## [Aim of the task]
Scan the records beneath this line for the line holding "unfoldable pub load_row" and the line holding "worktree_path = r.worktree_path;", then transcribe exactly those two and all lines between.

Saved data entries
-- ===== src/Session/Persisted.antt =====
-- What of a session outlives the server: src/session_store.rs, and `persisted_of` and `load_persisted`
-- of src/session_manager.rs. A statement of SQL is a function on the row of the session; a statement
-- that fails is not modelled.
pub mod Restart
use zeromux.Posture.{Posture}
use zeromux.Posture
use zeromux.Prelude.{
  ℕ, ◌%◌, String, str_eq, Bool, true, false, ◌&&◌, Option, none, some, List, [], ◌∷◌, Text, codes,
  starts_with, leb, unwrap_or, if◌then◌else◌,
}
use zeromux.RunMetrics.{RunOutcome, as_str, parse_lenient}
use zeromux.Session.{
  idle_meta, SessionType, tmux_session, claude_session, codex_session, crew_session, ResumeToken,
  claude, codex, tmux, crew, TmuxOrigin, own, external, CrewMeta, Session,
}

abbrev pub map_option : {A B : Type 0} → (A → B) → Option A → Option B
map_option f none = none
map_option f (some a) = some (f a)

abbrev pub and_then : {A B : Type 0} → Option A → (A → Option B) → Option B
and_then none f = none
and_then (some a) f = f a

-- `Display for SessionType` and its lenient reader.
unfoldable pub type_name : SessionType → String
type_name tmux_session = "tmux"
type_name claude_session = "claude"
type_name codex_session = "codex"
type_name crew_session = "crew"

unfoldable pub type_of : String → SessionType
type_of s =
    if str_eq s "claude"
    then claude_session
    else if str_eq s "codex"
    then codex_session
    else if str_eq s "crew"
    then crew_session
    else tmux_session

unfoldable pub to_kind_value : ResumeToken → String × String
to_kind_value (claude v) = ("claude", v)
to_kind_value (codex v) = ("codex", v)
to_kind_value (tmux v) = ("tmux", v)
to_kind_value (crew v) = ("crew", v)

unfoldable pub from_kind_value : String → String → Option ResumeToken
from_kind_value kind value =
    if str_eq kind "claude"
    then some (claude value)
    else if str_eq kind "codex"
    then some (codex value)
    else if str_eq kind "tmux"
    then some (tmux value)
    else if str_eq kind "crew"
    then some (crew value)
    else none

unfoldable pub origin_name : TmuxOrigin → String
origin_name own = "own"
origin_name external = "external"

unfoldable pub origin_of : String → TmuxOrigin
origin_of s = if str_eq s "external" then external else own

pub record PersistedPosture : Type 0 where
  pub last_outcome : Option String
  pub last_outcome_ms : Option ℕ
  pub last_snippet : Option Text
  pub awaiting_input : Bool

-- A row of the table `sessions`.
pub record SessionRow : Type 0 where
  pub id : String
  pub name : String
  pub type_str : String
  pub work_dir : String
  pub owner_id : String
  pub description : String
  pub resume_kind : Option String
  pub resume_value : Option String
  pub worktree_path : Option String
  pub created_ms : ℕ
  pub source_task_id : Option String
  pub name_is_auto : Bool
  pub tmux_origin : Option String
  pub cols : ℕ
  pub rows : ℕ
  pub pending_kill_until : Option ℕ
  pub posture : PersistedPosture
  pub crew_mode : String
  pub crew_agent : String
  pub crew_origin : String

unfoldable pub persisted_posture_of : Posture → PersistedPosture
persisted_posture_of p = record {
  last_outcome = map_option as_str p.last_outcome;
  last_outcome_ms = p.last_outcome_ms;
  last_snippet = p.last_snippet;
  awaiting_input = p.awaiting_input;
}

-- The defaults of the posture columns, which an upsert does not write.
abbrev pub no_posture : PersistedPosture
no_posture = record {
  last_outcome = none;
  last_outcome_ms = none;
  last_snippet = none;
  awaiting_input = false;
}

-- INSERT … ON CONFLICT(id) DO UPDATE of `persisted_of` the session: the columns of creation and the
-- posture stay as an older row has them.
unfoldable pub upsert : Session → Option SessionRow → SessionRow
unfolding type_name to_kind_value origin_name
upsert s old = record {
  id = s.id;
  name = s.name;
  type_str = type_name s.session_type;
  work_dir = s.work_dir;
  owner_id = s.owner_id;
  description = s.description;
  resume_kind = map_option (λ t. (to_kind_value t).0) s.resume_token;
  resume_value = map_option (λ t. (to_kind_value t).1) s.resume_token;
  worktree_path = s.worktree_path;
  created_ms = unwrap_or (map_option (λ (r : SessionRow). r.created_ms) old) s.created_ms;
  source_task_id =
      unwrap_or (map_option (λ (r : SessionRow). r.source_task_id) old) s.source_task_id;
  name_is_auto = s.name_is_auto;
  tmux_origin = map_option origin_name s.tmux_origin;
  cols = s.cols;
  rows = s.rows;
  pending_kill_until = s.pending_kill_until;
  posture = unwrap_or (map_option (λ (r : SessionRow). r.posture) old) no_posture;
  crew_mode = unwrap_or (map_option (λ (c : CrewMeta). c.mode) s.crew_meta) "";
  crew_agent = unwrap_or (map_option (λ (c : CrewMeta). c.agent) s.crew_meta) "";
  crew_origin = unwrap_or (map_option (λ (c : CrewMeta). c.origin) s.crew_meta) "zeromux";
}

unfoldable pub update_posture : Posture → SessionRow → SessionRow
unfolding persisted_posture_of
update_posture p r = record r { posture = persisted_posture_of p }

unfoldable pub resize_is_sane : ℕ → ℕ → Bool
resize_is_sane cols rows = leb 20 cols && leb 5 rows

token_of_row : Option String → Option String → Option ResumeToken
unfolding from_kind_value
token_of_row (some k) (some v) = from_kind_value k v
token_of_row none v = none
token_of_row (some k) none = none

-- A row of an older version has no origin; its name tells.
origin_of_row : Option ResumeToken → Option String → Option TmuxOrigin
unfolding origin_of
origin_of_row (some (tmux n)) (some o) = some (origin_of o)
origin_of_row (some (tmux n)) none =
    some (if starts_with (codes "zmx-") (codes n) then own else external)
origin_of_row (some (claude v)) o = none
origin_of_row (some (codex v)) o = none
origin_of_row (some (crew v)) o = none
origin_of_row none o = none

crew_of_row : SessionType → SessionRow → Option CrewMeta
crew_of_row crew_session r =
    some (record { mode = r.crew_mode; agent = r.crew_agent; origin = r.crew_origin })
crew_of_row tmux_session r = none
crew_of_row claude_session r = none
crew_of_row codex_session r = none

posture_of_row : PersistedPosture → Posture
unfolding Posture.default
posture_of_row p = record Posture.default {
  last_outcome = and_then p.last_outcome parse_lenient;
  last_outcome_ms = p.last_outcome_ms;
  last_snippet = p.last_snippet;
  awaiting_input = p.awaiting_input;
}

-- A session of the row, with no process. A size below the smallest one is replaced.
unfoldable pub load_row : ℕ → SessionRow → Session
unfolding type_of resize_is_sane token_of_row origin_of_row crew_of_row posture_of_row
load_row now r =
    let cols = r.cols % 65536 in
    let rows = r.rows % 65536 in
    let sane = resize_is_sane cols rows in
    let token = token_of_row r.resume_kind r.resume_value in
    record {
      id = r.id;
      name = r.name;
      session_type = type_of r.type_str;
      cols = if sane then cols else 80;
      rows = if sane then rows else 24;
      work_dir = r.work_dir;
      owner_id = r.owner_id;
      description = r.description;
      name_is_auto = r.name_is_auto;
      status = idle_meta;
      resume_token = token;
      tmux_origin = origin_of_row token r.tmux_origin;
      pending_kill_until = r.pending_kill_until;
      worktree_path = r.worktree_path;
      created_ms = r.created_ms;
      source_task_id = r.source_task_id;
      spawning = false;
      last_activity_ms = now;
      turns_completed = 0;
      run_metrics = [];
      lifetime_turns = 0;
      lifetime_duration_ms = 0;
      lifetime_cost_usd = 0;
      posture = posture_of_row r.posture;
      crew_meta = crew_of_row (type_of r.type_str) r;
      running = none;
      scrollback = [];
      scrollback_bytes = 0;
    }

## [Result of the exercise]
unfoldable pub load_row : ℕ → SessionRow → Session
unfolding type_of resize_is_sane token_of_row origin_of_row crew_of_row posture_of_row
load_row now r =
    let cols = r.cols % 65536 in
    let rows = r.rows % 65536 in
    let sane = resize_is_sane cols rows in
    let token = token_of_row r.resume_kind r.resume_value in
    record {
      id = r.id;
      name = r.name;
      session_type = type_of r.type_str;
      cols = if sane then cols else 80;
      rows = if sane then rows else 24;
      work_dir = r.work_dir;
      owner_id = r.owner_id;
      description = r.description;
      name_is_auto = r.name_is_auto;
      status = idle_meta;
      resume_token = token;
      tmux_origin = origin_of_row token r.tmux_origin;
      pending_kill_until = r.pending_kill_until;
      worktree_path = r.worktree_path;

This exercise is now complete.